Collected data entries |
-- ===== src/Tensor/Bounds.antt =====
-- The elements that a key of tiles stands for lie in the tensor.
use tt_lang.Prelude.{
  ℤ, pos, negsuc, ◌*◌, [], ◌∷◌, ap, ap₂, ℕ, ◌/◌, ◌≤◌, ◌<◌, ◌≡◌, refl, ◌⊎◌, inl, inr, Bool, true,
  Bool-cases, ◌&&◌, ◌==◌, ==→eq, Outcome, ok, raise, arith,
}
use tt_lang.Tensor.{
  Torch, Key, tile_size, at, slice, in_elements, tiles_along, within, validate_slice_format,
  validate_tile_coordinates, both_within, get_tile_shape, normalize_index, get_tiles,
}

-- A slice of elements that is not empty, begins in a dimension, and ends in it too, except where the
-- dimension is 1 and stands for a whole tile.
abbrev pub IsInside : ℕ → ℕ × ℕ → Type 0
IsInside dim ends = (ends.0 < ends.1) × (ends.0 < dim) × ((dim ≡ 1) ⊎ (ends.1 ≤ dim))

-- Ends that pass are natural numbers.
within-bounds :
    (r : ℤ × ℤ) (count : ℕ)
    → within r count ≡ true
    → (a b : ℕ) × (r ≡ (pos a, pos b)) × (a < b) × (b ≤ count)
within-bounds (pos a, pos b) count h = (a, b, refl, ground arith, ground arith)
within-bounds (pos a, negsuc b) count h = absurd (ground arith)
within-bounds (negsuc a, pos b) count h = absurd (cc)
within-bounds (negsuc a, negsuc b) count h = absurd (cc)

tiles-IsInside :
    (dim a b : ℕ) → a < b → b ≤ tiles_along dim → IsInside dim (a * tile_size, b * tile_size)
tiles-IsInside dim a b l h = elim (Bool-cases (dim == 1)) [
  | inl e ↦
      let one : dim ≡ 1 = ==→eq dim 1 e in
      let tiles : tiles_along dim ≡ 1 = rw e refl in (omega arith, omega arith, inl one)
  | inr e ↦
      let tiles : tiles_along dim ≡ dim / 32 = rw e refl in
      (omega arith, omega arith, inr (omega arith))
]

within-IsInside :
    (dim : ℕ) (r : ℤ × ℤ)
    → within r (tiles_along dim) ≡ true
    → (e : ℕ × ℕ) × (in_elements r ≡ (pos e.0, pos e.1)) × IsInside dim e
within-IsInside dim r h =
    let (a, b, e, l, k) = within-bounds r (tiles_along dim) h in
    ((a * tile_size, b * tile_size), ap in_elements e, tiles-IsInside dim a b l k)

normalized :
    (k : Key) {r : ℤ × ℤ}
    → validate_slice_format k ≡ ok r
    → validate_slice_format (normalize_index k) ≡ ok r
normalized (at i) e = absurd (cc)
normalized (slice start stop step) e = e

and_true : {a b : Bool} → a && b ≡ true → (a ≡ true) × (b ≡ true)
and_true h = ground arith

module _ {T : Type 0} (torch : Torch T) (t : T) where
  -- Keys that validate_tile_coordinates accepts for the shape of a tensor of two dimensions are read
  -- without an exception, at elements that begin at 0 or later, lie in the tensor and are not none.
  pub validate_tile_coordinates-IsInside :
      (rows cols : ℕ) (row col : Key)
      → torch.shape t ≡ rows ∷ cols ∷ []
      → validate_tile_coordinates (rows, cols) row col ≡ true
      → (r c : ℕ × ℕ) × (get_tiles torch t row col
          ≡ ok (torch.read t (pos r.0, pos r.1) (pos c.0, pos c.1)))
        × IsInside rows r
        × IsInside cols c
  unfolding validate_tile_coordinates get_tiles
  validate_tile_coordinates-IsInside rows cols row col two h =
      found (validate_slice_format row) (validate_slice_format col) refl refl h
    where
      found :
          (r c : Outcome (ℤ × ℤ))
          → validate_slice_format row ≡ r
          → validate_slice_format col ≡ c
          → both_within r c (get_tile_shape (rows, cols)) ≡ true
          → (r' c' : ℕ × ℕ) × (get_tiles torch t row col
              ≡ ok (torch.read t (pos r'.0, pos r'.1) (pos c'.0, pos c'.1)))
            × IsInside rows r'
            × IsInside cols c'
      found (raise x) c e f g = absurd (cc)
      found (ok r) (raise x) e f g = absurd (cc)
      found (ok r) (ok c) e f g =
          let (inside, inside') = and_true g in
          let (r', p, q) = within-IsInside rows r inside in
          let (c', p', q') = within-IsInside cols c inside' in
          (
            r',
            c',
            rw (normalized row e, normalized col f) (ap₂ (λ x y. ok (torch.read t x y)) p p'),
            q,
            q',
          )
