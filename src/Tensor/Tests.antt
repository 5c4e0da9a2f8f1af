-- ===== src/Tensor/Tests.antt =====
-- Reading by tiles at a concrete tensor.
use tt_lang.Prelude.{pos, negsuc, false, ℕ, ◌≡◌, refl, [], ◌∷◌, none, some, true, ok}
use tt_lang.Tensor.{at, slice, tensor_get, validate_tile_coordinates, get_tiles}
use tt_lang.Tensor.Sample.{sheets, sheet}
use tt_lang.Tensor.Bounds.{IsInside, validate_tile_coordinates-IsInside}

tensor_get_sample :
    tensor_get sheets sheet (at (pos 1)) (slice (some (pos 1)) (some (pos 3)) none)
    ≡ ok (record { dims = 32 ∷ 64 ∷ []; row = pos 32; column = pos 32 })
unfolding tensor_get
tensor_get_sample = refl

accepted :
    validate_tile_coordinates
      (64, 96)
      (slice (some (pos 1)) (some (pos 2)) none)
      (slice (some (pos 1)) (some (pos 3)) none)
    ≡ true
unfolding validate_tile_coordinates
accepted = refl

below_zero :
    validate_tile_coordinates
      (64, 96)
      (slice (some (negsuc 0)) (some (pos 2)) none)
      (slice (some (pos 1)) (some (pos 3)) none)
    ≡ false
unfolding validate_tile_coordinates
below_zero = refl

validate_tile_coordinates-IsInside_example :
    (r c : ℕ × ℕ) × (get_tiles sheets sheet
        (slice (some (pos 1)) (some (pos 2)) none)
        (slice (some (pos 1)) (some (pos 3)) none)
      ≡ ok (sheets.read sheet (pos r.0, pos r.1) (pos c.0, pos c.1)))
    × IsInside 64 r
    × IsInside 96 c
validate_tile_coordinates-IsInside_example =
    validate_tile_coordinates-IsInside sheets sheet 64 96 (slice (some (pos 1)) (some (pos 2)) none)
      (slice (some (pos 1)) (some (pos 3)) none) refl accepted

TASK INSTRUCTIONS | Word-for-word copies of all the records are required.

TASK SOLUTION |
-- ===== src/Tensor/Bounds.antt =====
-- The elements that a key of tiles stands for lie in the tensor.
use tt_lang.Prelude.{
  ℤ, pos, negsuc, ◌*◌, [], ◌∷◌, ap, ap₂, ℕ, ◌/◌, ◌≤◌, ◌<◌, ◌≡◌, refl, ◌⊎◌, inl, inr, Bool, true,
  Bool-cases, ◌&&◌, ◌==◌, ==→eq, Outcome, ok, raise, arith,
}
use tt_lang.Tensor.{
  Torch, Key, tile_size, at, slice, in_elements, tiles_along, within, validate_slice_format,
  validate_tile_coordinates, both_within, get_tile_shape, normalize_index, get_tiles,
}

-- A slice of elements that is not empty, begins in a dimension, and ends in it too, except where the
-- dimension is 1 and stands for a whole tile.
abbrev pub IsInside : ℕ → ℕ × ℕ → Type 0
IsInside dim ends = (ends.0 < ends.1) × (ends.0 < dim) × ((dim ≡ 1) ⊎ (ends.1 ≤ dim))

-- Ends that pass are natural numbers.
within-bounds :
    (r : ℤ × ℤ) (count : ℕ)
    → within r count ≡ true
    → (a b : ℕ) × (r ≡ (pos a, pos b)) × (a < b) × (b ≤ count)
within-bounds (pos a, pos b) count h = (a, b, refl, ground arith, ground arith)
within-bounds (pos a, negsuc b) count h = absurd (ground arith)
within-bounds (negsuc a, pos b) count h = absurd (cc)
within-bounds (negsuc a, negsuc b) count h = absurd (cc)

tiles-IsInside :
    (dim a b : ℕ) → a < b → b ≤ tiles_along dim → IsInside dim (a * tile_size, b * tile_size)
tiles-IsInside dim a b l h = elim (Bool-cases (dim == 1)) [
  | inl e ↦
      let one : dim ≡ 1 = ==→eq dim 1 e in
      let tiles : tiles_along dim ≡ 1 = rw e refl in (omega arith, omega arith, inl one)
  | inr e ↦
      let tiles : tiles_along dim ≡ dim / 32 = rw e refl in
      (omega arith, omega arith, inr (omega arith))
]

within-IsInside :
    (dim : ℕ) (r : ℤ × ℤ)
    → within r (tiles_along dim) ≡ true
    → (e : ℕ × ℕ) × (in_elements r ≡ (pos e.0, pos e.1)) × IsInside dim e
within-IsInside dim r h =
    let (a, b, e, l, k) = within-bounds r (tiles_along dim) h in
    ((a * tile_size, b * tile_size), ap in_elements e, tiles-IsInside dim a b l k)

normalized :
    (k : Key) {r : ℤ × ℤ}
    → validate_slice_format k ≡ ok r
    → validate_slice_format (normalize_index k) ≡ ok r
normalized (at i) e = absurd (cc)
normalized (slice start stop step) e = e

and_true : {a b : Bool} → a && b ≡ true → (a ≡ true) × (b ≡ true)
and_true h = ground arith

module _ {T : Type 0} (torch : Torch T) (t : T) where
  -- Keys that validate_tile_coordinates accepts for the shape of a tensor of two dimensions are read
  -- without an exception, at elements that begin at 0 or later, lie in the tensor and are not none.
  pub validate_tile_coordinates-IsInside :
      (rows cols : ℕ) (row col : Key)
      → torch.shape t ≡ rows ∷ cols ∷ []
      → validate_tile_coordinates (rows, cols) row col ≡ true
      → (r c : ℕ × ℕ) × (get_tiles torch t row col
          ≡ ok (torch.read t (pos r.0, pos r.1) (pos c.0, pos c.1)))
        × IsInside rows r
        × IsInside cols c
  unfolding validate_tile_coordinates get_tiles
  validate_tile_coordinates-IsInside rows cols row col two h =
      found (validate_slice_format row) (validate_slice_format col) refl refl h
    where
      found :
          (r c : Outcome (ℤ × ℤ))
          → validate_slice_format row ≡ r
          → validate_slice_format col ≡ c
          → both_within r c (get_tile_shape (rows, cols)) ≡ true
          → (r' c' : ℕ × ℕ) × (get_tiles torch t row col
              ≡ ok (torch.read t (pos r'.0, pos r'.1) (pos c'.0, pos c'.1)))
            × IsInside rows r'
            × IsInside cols c'
      found (raise x) c e f g = absurd (cc)
      found (ok r) (raise x) e f g = absurd (cc)
      found (ok r) (ok c) e f g =
          let (inside, inside') = and_true g in
          let (r', p, q) = within-IsInside rows r inside in
          let (c', p', q') = within-IsInside cols c inside' in
          (
            r',
            c',
            rw (normalized row e, normalized col f) (ap₂ (λ x y. ok (torch.read t x y)) p p'),
            q,
            q',
          )
filename src/Tensor/Tests.antt
repository 5c4e0da9a2f8f1af
-- ===== src/Tensor/Tests.antt =====
-- Reading by tiles at a concrete tensor.
use tt_lang.Prelude.{pos, negsuc, false, ℕ, ◌≡◌, refl, [], ◌∷◌, none, some, true, ok}
use tt_lang.Tensor.{at, slice, tensor_get, validate_tile_coordinates, get_tiles}
use tt_lang.Tensor.Sample.{sheets, sheet}
use tt_lang.Tensor.Bounds.{IsInside, validate_tile_coordinates-IsInside}

tensor_get_sample :
    tensor_get sheets sheet (at (pos 1)) (slice (some (pos 1)) (some (pos 3)) none)
    ≡ ok (record { dims = 32 ∷ 64 ∷ []; row = pos 32; column = pos 32 })
unfolding tensor_get
tensor_get_sample = refl

accepted :
    validate_tile_coordinates
      (64, 96)
      (slice (some (pos 1)) (some (pos 2)) none)
      (slice (some (pos 1)) (some (pos 3)) none)
    ≡ true
unfolding validate_tile_coordinates
accepted = refl

below_zero :
    validate_tile_coordinates
      (64, 96)
      (slice (some (negsuc 0)) (some (pos 2)) none)
      (slice (some (pos 1)) (some (pos 3)) none)
    ≡ false
unfolding validate_tile_coordinates
below_zero = refl

validate_tile_coordinates-IsInside_example :
    (r c : ℕ × ℕ) × (get_tiles sheets sheet
        (slice (some (pos 1)) (some (pos 2)) none)
        (slice (some (pos 1)) (some (pos 3)) none)
      ≡ ok (sheets.read sheet (pos r.0, pos r.1) (pos c.0, pos c.1)))
    × IsInside 64 r
    × IsInside 96 c
validate_tile_coordinates-IsInside_example =
    validate_tile_coordinates-IsInside sheets sheet 64 96 (slice (some (pos 1)) (some (pos 2)) none)
      (slice (some (pos 1)) (some (pos 3)) none) refl accepted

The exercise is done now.